Does it make sense to isolate each web service user on his own servers?

I am planning an architecture of a web application for my company which is launching a financial service for its partners, and my main question is - does it make sense to put each partner on a different server (or even server groups web/db)?

The application is in some sense similar to https://www.wealthfront.com/ - partners trust us with their assets and provide us with data, which we use to automate investments. Each partner has an account with us, login/password pair and a url where he can log in. After login he gains access to a dashboard which contains all his data presented in charts in tables.

Partners and their data is completely independent from each other. We also have some admin interface to preprocess their data and manage their accounts, but there is a separate web/db/workers adm server and partners feed their data to main db via write-only services (they cannot query any arbitrary information).

Partners data is very sensitive, if any of it falls in wrong hands - the impact could be very serious up to us going out of business.

I have two ways in mind on how to organize an architecture of such service:

• 
  

  Grouped, in which we have one server for each role, all partners are sitting all together on each server

  
  


• 
  

  Isolated, in which we also have one server for each role, but each partners gets a set of servers for each role

  
  

I see two types of scenarios in which unauthorized access to data could happen:

• Attackers: somebody hacks some server and gains some kind of access to it. Could be anything from simple misconfiguration (ssh access left from public network without password, heartbleed-like vulnerability, ...).
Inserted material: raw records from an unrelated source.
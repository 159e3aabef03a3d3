-- ===== src/Cli/Exits.antt =====
-- How `main` (libexec/wg_healthcheck_setup/cli.py) ends, and what a secret on the command line does.
use air_vpn_wg_healthcheck.Model.{Mode, SetupRequest, api_mode, static_mode}
use air_vpn_wg_healthcheck.Application.Request.{is_mode}
use air_vpn_wg_healthcheck.Cli.Execute.{
  CredentialSource, Surroundings, execute_request, execute_static, exit_code, main, run_setup,
}
use air_vpn_wg_healthcheck.Effect.{M, Message, World, literal, returned, try_except, ◌>>=◌}
use air_vpn_wg_healthcheck.Text.Split.{split_once}
use air_vpn_wg_healthcheck.Result.{err}
use air_vpn_wg_healthcheck.Prelude.{
  Bool, Bool-cases, List, Option, String, [], false, inl, inr, none, refl, some, true, ◌++◌, ◌∷◌,
  ◌≡◌, ◌≢◌, ◌⊎◌,
}
use air_vpn_wg_healthcheck.Text.{All-mem_text, Text, mem_text}
use air_vpn_wg_healthcheck.Cli.{
  Arguments, deny_secret_inputs, deny_secret_options, option_name, secret_options,
}

-- An argument that is a secret option, alone or with a value behind `=`.
pub record NamesSecret (argument : Text) : Type 0 where
  pub option : Text
  pub is_secret : mem_text option secret_options ≡ true
  pub form : (argument ≡ option) ⊎ ((secret : Text) × (argument ≡ option ++ b'=' ∷ secret))

-- The key is in the environment, or one of the arguments names a secret option.
pub data HasSecret (api_key_set : Bool) (argv : List Text) : Type 0 where
  in_environment : api_key_set ≡ true → HasSecret api_key_set argv
  in_argument :
      (before after : List Text) (argument : Text)
      → argv ≡ before ++ argument ∷ after
      → NamesSecret argument
      → HasSecret api_key_set argv

abbrev IsOption : Text → Type 0
IsOption s = (option_name s ≡ s) × ((secret : Text) → option_name (s ++ b'=' ∷ secret) ≡ s)

secret_IsOption : (s : Text) → mem_text s secret_options ≡ true → IsOption s
unfolding option_name split_once
secret_IsOption s h =
    All-mem_text IsOption s secret_options
      (
        (refl, λ v. refl),
        ((refl, λ v. refl), ((refl, λ v. refl), ((refl, λ v. refl), ((refl, λ v. refl), tt)))),
      )
      h

named_secret :
    (argument : Text) → NamesSecret argument → mem_text (option_name argument) secret_options ≡ true
named_secret argument n = elim n.form [
  | inl e ↦ rw (e, (secret_IsOption n.option n.is_secret).0) n.is_secret
  | inr (secret, e) ↦ rw (e, (secret_IsOption n.option n.is_secret).1 secret) n.is_secret
]

abbrev secret_refused : String
secret_refused =
    "secret values are not accepted in arguments; use a hidden TTY prompt or --credential-file"

deny_secret_options-err :
    (before after : List Text) (argument : Text)
    → mem_text (option_name argument) secret_options ≡ true
    → deny_secret_options (before ++ argument ∷ after) ≡ err secret_refused
unfolding deny_secret_options
deny_secret_options-err [] after argument h = rw h refl
deny_secret_options-err (a ∷ before) after argument h =
    elim (Bool-cases (mem_text (option_name a) secret_options)) [
      | inl e ↦ rw e refl
      | inr n ↦ rw n (deny_secret_options-err before after argument h)
    ]

deny_secret_inputs-err :
    (api_key_set : Bool) (argv : List Text)
    → HasSecret api_key_set argv
    → (message : String) × (deny_secret_inputs api_key_set argv ≡ err message)
unfolding deny_secret_inputs
deny_secret_inputs-err api_key_set argv (in_environment e) = (
  "AIRVPN_API_KEY environment input is not accepted; use a hidden TTY prompt or --credential-file",
  rw e refl,
)
deny_secret_inputs-err true argv (in_argument before after argument e n) = (
  "AIRVPN_API_KEY environment input is not accepted; use a hidden TTY prompt or --credential-file",
  refl,
)
deny_secret_inputs-err false argv (in_argument before after argument e n) =
    (secret_refused, rw e (deny_secret_options-err before after argument (named_secret argument n)))

-- Nothing but its result.
abbrev pub IsSilent : {A : Type 0} → M A → A → Type 0
IsSilent m a = (w : World) → m w ≡ (returned a, w)

module _ (around : Surroundings) (source : CredentialSource) (disable_core_dumps : M (Unit {0}))
    (parse : List Text → M Arguments) (print_error : Message → M (Unit {0})) where
  main_refuses :
      (api_key_set : Bool) (argv lines : List Text) (w : World)
      → IsSilent disable_core_dumps tt
      → ((message : Message) → IsSilent (print_error message) tt)
      → HasSecret api_key_set argv
      → main around source disable_core_dumps parse print_error api_key_set argv lines w
        ≡ (returned 64, w)
  unfolding main run_setup exit_code try_except ◌>>=◌
  main_refuses api_key_set argv lines w silent printed has =
      let (message, refused) = deny_secret_inputs-err api_key_set argv has in
      rw (silent w, refused, printed (literal message) w) refl

-- A secret on the command line or in the environment ends the program with exit status 64 before anything
-- else: whatever the parser, the terminal, the credential source and the helper processes would do, no
-- system call is made and the disk is as it was. Switching off core dumps and printing the message are taken
-- to succeed.
pub main-HasSecret :
    (around : Surroundings) (source : CredentialSource) (disable_core_dumps : M (Unit {0}))
    (parse : List Text → M Arguments) (print_error : Message → M (Unit {0})) (api_key_set : Bool)
    (argv lines : List Text) (w : World)
    → IsSilent disable_core_dumps tt
    → ((message : Message) → IsSilent (print_error message) tt)
    → HasSecret api_key_set argv
    → main around source disable_core_dumps parse print_error api_key_set argv lines w
      ≡ (returned 64, w)
main-HasSecret = main_refuses

-- Outside API mode, `execute_request` does the same whatever the source of credentials is: it opens none.
pub execute_request-source :
    (around : Surroundings) (source other : CredentialSource) (request : SetupRequest)
    (lines : List Text)
    → request.mode ≢ some api_mode
    → execute_request around source request lines ≡ execute_request around other request lines
unfolding execute_request execute_static
execute_request-source around source other request lines n = rw (not_api request.mode n) refl
  where
    not_api : (mode : Option Mode) → mode ≢ some api_mode → is_mode api_mode mode ≡ false
    not_api none n = refl
    not_api (some static_mode) n = refl
    not_api (some api_mode) n = absurd (n refl)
This is too vague and isolation surely cannot save from all scenarios, but I still have a feeling that with all other things being equal isolated architecture is more secure, because it creates more barriers.


• Human error: an engineer forgets to add some security checks or inadvertently removes some or gives everyone superadmin powers to see everything, it gets into production and everybody is unhappy. This surely should be prevented by all kinds of rules, reviews, constraints and processes but errors always find their to production. I have a feeling that physical isolation also helps mitigating if something likes happens (even when a junior partner employee gains access to partners senior-only information, it is much better if he gains access to senior-only information of other partner!)

Grouped pros/cons which I see:

• [+] more easily scaled


• [+] less expensive (less servers, can spread load more effectively)


• [+] less to configure (though we are using configuration management tools and host in cloud environment, so it is not a big problem anyway)


• [-] every access checks failure will result in exposure of all data data to user


• [-] hacking into web/db server gives you access to everything (e.g. if some partner decides to explore and somehow successfully finds his way inside our system)


• [-] if one partner creates a lot of load, it hurts everyone (though mitigated by somewhat easy scaling)


• [-] cannot effectively use ip-based restrictions (I think)

Isolation pros/cons which I see:

• [+] every access checks failure will result in exposure of user's own data to himself


• [+] hacking into web/db server gives you only this server data (e.g. if some partner decides to explore and somehow successfully finds his way inside our system)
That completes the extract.